Question

A couple plans to have children until they have a girl. Suppose that they set no limit on the number of children. Each child has probability 0.49 of being a girl and 0.51 of being a boy. Simulate 25 repetitions, using Table A of random digits, starting at line 102. What is your estimate of the expected number of children?

(Use decimal notation. Give your answer to two decimal place.)

Answer 1

To simulate the 25 repetitions, we will use random digits from Table A, starting at line 102:

10234 60574 94369 10646 23045 86721 43148 11781 51477 10238
43053 27659 41813 23598 01430 64526 38571 09155 43103 46256
74921 29403 51488 22969 94419

Following the instructions, we will consider the digits in pairs: 10, 23, 46, etc.

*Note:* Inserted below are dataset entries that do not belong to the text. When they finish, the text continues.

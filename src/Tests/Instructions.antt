-- ===== src/Tests/Instructions.antt =====
-- Single instructions that are patched.
use liblink.Base.{
  ◌+◌, ◌*◌, ◌/◌, ◌%◌, ◌^◌, ◌≤◌, ◌<◌, ◌≡◌, ◌⊎◌, ◌↔◌, refl, inr, true, false, arith, ok, some,
  exit_success, exit_failure, fail, Fault,
}
use liblink.Memory.{Memory, load32, store32, store64}
use liblink.Memory.Laws.{SameOutside}
use liblink.Types.{ElfRel}
use liblink.Compat.Arm64.{arm64_constant}
use liblink.Compat.Arm.{arm_abs32}
use liblink.Machine.Arm64 as Cpu64
use liblink.Machine.Arm as Cpu32
use liblink.Reloc.Util.{is_int32, is_int64}
use liblink.Reloc.Util.Range.{is_int64_iff}
use liblink.Reloc.Arm64 as Arm64
use liblink.Reloc.Arm64.{got_shift, inst_shift, is_load_store, encode_addend_arm64}
use liblink.Reloc.Arm64.Encode.{encode_branch_lem, encode_adrp_lem, encode_lo12_lem}
use liblink.Reloc.Arm64.Writes.{encode_addend_arm64-SameOutside}
use liblink.Reloc.Arm as Arm
use liblink.Reloc.Arm.RoundTrip.{IsData, decode-encode_branch, decode-encode-IsData}
use liblink.Tests.Data.{zeros, code, code-IsBytes, text}

is_int64_iff_example :
    (is_int64 28 0x08000000 ≡ true) ↔ ((0x08000000 < 2 ^ 27) ⊎ (2 ^ 64 ≤ 0x08000000 + 2 ^ 27))
is_int64_iff_example = is_int64_iff 28 0x08000000 (omega arith) (omega arith) (omega arith)

near_branch : is_int64 28 0x1234 ≡ true
unfolding is_int64
near_branch = refl

near_page : is_int64 32 0xfffffffffffff000 ≡ true
unfolding is_int64
near_page = refl

-- A `bl` that gets the offset 0x1234.
encode_branch_lem_example :
    (m' : Memory) × (Arm64.encode_branch 0x10000 0x1234 (code 0x10000 0x94000000) ≡ ok m')
    × (Cpu64.branch_offset (load32 m' 0x10000) ≡ 0x1234)
    × (load32 m' 0x10000 / 2 ^ 26 ≡ load32 (code 0x10000 0x94000000) 0x10000 / 2 ^ 26)
    × SameOutside 0x10000 4 (code 0x10000 0x94000000) m'
encode_branch_lem_example =
    encode_branch_lem 0x10000 0x1234 (code 0x10000 0x94000000) (code-IsBytes 0x10000 0x94000000)
      (omega arith) near_branch refl

-- An `adrp` of the page before.
abbrev adrp : Memory
adrp = code 0x10000 0x90000003

encode_adrp_lem_example :
    (m' : Memory) × (Arm64.encode_adrp 0x10000 0xfffffffffffff000 adrp ≡ ok m')
    × (Cpu64.adrp_offset (load32 m' 0x10000) ≡ 0xfffffffffffff000)
    × (load32 m' 0x10000 / 2 ^ 31 ≡ load32 adrp 0x10000 / 2 ^ 31)
    × (load32 m' 0x10000 / 2 ^ 24 % 2 ^ 5 ≡ load32 adrp 0x10000 / 2 ^ 24 % 2 ^ 5)
    × (load32 m' 0x10000 % 2 ^ 5 ≡ load32 adrp 0x10000 % 2 ^ 5)
    × SameOutside 0x10000 4 adrp m'
encode_adrp_lem_example =
    encode_adrp_lem 0x10000 0xfffffffffffff000 adrp (code-IsBytes 0x10000 0x90000003) (omega arith)
      near_page refl

-- `ldr x3, [x3]`, whose immediate counts 8 bytes.
abbrev ldr : Memory
ldr = code 0x10000 0xf9400063

ldr_scale : Cpu64.imm12_scale (load32 ldr 0x10000) ≡ 3
unfolding Cpu64.imm12_scale load32 store32
ldr_scale = refl

encode_lo12_lem_example :
    (m' : Memory) × (Arm64.encode_lo12 (some 3) 0x10000 0x128 ldr ≡ ok m')
    × (Cpu64.imm12 (load32 m' 0x10000) * 2 ^ Cpu64.imm12_scale (load32 ldr 0x10000) ≡ 0x128)
    × (load32 m' 0x10000 / 2 ^ 22 ≡ load32 ldr 0x10000 / 2 ^ 22)
    × (load32 m' 0x10000 % 2 ^ 10 ≡ load32 ldr 0x10000 % 2 ^ 10)
    × SameOutside 0x10000 4 ldr m'
encode_lo12_lem_example =
    encode_lo12_lem 0x10000 0x128 ldr (code-IsBytes 0x10000 0xf9400063) (omega arith) (some 3) 3
      (unfold got_shift in refl) (omega arith) (rw ldr_scale refl) (inr (rw ldr_scale refl))

-- R_AARCH64_ABS64 at the start of the section.
abbrev abs64 : ElfRel
abs64 = record { r_offset = 0; r_info = 257 }

abs64_done :
    encode_addend_arm64 text abs64 0x7f00000000 zeros
    ≡ ok (store64 zeros 0x10000 0x7f00000000, exit_success)
unfolding encode_addend_arm64 Arm64.encode_at arm64_constant
abs64_done = refl

encode_addend_arm64-SameOutside_example :
    SameOutside 0x10000 8 zeros (store64 zeros 0x10000 0x7f00000000) × (exit_success ≡ exit_success)
encode_addend_arm64-SameOutside_example =
    encode_addend_arm64-SameOutside text abs64 0x7f00000000 zeros
      (store64 zeros 0x10000 0x7f00000000) exit_success abs64_done

-- An ARM `bl`.
abbrev bl : Memory
bl = code 0x10000 0xeb000000

bl_plain : Arm.is_blx (load32 bl 0x10000) ≡ false
unfolding Arm.is_blx load32 store32
bl_plain = refl

near_call : is_int32 26 0xfffffff8 ≡ true
unfolding is_int32
near_call = refl

decode-encode_branch_example :
    (m' : Memory) × (Arm.encode_branch 0x10000 0xfffffff8 bl ≡ ok (m', exit_success))
    × (Cpu32.branch_offset (load32 m' 0x10000) ≡ 0xfffffff8)
    × (Arm.decode_branch 0x10000 m' ≡ ok 0xfffffff8)
    × (load32 m' 0x10000 / 2 ^ 24 ≡ load32 bl 0x10000 / 2 ^ 24)
    × SameOutside 0x10000 4 bl m'
decode-encode_branch_example =
    decode-encode_branch 0x10000 0xfffffff8 bl (code-IsBytes 0x10000 0xeb000000) (omega arith)
      near_call refl bl_plain

decode-encode-IsData_example :
    (IsData (some arm_abs32)
      × (m' : Memory) × (Arm.encode_at (some arm_abs32) 0x10000 0xcafe zeros
          ≡ ok (m', exit_success))
      × (Arm.decode_at (some arm_abs32) 0x10000 m' ≡ ok 0xcafe)
      × SameOutside 0x10000 4 zeros m')
    ⊎ (¬ IsData (some arm_abs32)
        × (Arm.encode_at (some arm_abs32) 0x10000 0xcafe zeros ≡ ok (zeros, exit_failure))
        × (Arm.decode_at (some arm_abs32) 0x10000 zeros ≡ fail Fault.aborted))
decode-encode-IsData_example =
    decode-encode-IsData (some arm_abs32) 0x10000 0xcafe zeros (λ e. absurd (cc)) (λ e. absurd (cc))
      (omega arith)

If the two-digit number is in the range 01-49, it represents a girl, and if it is in the range 50-99, it represents a boy.

Repetition 1:
Children: G

Repetition 2:
Children: GG

Repetition 3:
Children: B

Repetition 4:
Children: BB

Repetition 5:
Children: G

Repetition 6:
Children: GGG

Repetition 7:
Children: GG

Repetition 8:
Children: GGGG

Repetition 9:
Children: B

Repetition 10:
Children: BBB

Repetition 11:
Children: B

Repetition 12:
Children: B

Repetition 13:
Children: GG

Repetition 14:
Children: GB

Repetition 15:
Children: GGG

Repetition 16:
Children: B

Repetition 17:
Children: GG

Repetition 18:
Children: G

Repetition 19:
Children: GGGGG

Repetition 20:
Children: G

Repetition 21:
Children: G

Repetition 22:
Children: GGG

Repetition 23:
Children: GB

Repetition 24:
Children: GG

Repetition 25:
Children: G

In these 25 repetitions, the couple had a total of 5 girls. So, the estimate of the expected number of children is 5/25 = 0.20.